> _What the task asks_:
Within the entries below, the lines from the one with "ended-Kept (tx w.fault" through the one with "unfold create_session in" are to be set down exactly, both ends kept.

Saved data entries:

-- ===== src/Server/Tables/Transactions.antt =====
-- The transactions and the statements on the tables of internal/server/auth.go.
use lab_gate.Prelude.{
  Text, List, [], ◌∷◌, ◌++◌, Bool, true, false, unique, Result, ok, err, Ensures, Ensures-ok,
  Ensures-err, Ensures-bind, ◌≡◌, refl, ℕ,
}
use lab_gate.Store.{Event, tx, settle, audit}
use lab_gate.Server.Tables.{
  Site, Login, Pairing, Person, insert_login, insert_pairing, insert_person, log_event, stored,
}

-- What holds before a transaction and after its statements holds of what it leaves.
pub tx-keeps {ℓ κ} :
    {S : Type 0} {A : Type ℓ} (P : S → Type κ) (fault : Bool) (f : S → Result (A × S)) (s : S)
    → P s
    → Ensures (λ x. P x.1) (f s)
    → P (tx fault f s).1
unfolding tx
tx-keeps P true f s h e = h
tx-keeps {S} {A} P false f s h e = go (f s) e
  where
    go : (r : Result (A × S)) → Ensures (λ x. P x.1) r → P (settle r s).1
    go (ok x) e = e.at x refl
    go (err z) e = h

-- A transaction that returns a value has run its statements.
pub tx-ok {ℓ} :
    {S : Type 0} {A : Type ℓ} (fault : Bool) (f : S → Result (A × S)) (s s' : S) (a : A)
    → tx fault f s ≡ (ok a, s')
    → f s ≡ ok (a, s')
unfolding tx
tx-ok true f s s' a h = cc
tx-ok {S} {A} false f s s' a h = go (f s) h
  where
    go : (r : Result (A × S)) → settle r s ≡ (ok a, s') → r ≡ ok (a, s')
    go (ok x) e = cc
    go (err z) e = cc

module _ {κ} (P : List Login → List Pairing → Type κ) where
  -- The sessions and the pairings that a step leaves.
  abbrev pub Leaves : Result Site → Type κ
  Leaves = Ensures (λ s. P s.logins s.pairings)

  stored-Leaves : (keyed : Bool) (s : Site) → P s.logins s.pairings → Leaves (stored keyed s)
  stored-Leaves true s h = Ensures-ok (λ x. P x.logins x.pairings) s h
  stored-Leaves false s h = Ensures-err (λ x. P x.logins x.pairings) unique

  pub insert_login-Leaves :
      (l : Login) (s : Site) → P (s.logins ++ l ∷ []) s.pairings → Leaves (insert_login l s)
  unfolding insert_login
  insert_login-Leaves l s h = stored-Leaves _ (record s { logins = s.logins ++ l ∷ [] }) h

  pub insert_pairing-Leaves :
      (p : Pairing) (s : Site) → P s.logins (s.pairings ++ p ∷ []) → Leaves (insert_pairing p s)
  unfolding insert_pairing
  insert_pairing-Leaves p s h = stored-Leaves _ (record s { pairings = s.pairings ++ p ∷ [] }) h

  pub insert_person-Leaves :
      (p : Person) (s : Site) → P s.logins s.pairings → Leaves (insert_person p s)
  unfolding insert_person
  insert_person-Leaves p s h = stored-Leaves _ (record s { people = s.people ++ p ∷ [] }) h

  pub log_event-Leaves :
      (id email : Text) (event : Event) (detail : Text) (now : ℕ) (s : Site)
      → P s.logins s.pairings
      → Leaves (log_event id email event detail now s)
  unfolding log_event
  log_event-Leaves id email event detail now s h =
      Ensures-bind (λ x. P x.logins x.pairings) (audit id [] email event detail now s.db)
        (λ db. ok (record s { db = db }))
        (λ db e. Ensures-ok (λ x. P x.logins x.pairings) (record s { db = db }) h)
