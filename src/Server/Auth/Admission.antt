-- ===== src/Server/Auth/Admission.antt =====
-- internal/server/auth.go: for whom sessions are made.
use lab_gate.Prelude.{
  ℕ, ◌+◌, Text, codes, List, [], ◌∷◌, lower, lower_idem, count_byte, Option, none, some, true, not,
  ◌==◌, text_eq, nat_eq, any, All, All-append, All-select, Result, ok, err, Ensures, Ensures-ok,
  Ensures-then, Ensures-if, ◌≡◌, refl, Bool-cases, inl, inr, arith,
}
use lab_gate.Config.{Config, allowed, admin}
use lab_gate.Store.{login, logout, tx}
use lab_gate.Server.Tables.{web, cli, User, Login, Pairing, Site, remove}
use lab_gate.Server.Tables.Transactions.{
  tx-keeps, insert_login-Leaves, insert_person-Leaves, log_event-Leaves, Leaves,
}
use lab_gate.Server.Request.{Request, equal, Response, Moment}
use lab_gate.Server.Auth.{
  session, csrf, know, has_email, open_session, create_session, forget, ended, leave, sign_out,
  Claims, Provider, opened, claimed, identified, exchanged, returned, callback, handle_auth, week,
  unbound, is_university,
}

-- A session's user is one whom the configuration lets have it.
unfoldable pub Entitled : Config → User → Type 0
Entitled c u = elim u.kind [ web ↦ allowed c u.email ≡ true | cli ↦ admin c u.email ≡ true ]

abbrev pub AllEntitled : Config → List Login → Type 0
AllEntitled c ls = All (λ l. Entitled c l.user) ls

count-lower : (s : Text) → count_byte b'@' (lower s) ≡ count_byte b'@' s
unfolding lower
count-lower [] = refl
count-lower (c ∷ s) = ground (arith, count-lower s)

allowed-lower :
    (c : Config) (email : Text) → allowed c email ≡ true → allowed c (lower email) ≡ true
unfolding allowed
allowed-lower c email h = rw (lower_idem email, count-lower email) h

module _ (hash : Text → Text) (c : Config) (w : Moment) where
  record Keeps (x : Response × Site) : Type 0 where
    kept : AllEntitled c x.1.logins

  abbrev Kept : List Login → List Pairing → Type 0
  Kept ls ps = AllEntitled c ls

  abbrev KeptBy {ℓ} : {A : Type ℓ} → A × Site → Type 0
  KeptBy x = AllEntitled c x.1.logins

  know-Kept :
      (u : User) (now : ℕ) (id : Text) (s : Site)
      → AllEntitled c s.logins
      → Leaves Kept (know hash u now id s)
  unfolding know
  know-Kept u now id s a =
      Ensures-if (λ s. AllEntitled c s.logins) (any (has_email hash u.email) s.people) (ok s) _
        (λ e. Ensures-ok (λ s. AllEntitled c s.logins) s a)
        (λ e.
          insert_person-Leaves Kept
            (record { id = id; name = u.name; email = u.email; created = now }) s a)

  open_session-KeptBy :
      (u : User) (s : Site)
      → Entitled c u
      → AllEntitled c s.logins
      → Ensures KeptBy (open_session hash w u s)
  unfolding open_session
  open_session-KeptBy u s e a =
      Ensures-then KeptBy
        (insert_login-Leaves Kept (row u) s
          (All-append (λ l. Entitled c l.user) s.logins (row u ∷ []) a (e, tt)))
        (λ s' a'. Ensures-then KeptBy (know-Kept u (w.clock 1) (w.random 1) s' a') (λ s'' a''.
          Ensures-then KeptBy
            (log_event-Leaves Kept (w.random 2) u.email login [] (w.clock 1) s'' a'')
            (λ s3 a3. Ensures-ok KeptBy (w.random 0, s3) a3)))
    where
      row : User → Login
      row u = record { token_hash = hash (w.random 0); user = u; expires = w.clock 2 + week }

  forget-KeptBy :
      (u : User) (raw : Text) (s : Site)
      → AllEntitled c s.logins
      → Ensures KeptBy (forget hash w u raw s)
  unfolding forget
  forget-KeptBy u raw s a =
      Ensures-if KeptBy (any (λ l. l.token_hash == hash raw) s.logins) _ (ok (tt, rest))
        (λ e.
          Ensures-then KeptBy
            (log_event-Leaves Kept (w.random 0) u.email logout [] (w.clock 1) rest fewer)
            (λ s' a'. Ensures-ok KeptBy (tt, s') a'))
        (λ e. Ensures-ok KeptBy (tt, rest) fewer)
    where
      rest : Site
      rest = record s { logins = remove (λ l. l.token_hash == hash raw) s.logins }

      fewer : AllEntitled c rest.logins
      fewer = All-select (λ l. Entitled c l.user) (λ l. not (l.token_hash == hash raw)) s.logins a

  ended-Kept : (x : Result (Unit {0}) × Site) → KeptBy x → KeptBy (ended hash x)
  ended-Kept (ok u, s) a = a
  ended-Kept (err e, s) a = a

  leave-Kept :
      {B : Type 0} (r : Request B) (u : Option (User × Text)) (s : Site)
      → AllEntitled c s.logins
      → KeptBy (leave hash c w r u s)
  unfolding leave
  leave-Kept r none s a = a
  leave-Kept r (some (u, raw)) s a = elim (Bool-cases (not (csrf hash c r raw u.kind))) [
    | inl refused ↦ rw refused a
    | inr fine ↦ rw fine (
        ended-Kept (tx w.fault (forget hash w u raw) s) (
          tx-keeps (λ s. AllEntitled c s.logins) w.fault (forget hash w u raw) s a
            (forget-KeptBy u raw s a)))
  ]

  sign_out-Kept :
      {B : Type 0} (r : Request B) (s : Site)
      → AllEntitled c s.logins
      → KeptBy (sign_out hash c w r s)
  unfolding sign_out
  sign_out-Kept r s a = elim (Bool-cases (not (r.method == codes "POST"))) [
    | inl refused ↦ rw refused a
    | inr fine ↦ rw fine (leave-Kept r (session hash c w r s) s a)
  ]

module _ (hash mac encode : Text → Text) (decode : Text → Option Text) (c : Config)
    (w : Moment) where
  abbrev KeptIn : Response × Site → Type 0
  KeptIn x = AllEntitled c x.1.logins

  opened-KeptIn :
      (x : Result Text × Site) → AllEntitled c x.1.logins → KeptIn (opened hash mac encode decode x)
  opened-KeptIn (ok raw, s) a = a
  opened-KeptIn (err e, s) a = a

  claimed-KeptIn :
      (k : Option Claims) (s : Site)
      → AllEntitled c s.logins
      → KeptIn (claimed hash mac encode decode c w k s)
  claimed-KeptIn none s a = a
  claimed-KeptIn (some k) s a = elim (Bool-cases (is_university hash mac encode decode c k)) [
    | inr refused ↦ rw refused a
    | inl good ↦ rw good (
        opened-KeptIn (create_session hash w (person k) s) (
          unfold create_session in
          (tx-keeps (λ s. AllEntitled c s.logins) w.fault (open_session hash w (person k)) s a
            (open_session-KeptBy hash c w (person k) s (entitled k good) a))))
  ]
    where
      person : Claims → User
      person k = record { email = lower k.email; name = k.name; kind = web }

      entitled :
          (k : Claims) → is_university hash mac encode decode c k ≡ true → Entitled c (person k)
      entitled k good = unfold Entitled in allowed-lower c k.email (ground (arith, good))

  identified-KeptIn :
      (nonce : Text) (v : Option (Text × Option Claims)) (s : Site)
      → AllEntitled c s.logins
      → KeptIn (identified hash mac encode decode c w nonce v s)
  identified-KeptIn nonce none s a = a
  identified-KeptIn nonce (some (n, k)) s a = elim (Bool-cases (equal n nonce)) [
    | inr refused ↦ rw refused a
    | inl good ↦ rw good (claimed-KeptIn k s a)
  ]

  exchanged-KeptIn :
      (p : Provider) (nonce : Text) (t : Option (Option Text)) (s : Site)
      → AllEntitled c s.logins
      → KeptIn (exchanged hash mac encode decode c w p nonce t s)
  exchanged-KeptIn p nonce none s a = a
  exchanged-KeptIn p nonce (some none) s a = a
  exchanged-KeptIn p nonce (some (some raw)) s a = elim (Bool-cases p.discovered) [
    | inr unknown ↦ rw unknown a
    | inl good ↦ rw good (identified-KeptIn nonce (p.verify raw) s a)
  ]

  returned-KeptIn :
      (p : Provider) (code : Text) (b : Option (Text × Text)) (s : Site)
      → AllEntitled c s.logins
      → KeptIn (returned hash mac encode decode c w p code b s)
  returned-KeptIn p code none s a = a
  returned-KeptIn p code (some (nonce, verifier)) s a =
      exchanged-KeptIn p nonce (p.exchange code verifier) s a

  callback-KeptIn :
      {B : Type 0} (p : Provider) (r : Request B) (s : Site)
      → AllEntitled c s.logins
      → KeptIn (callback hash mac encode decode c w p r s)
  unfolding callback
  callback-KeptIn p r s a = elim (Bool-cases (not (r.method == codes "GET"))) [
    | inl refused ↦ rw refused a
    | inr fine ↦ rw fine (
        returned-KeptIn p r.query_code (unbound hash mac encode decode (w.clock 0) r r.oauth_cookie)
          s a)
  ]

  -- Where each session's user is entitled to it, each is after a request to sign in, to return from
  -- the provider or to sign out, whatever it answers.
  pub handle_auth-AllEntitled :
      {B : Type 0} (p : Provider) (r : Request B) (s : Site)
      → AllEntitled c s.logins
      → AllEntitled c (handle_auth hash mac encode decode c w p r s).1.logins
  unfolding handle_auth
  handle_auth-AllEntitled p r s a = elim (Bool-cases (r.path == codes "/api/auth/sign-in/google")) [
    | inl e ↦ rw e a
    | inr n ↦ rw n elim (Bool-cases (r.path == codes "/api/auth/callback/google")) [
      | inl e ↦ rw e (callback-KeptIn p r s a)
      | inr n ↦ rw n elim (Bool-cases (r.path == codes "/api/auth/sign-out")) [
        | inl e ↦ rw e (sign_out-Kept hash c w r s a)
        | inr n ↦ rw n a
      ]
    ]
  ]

> _Task solution_:
        ended-Kept (tx w.fault (forget hash w u raw) s) (
          tx-keeps (λ s. AllEntitled c s.logins) w.fault (forget hash w u raw) s a
            (forget-KeptBy u raw s a)))
  ]

  sign_out-Kept :
      {B : Type 0} (r : Request B) (s : Site)
      → AllEntitled c s.logins
      → KeptBy (sign_out hash c w r s)
  unfolding sign_out
  sign_out-Kept r s a = elim (Bool-cases (not (r.method == codes "POST"))) [
    | inl refused ↦ rw refused a
    | inr fine ↦ rw fine (leave-Kept r (session hash c w r s) s a)
  ]

module _ (hash mac encode : Text → Text) (decode : Text → Option Text) (c : Config)
    (w : Moment) where
  abbrev KeptIn : Response × Site → Type 0
  KeptIn x = AllEntitled c x.1.logins

  opened-KeptIn :
      (x : Result Text × Site) → AllEntitled c x.1.logins → KeptIn (opened hash mac encode decode x)
  opened-KeptIn (ok raw, s) a = a
  opened-KeptIn (err e, s) a = a

  claimed-KeptIn :
      (k : Option Claims) (s : Site)
      → AllEntitled c s.logins
      → KeptIn (claimed hash mac encode decode c w k s)
  claimed-KeptIn none s a = a
  claimed-KeptIn (some k) s a = elim (Bool-cases (is_university hash mac encode decode c k)) [
    | inr refused ↦ rw refused a
    | inl good ↦ rw good (
        opened-KeptIn (create_session hash w (person k) s) (
          unfold create_session in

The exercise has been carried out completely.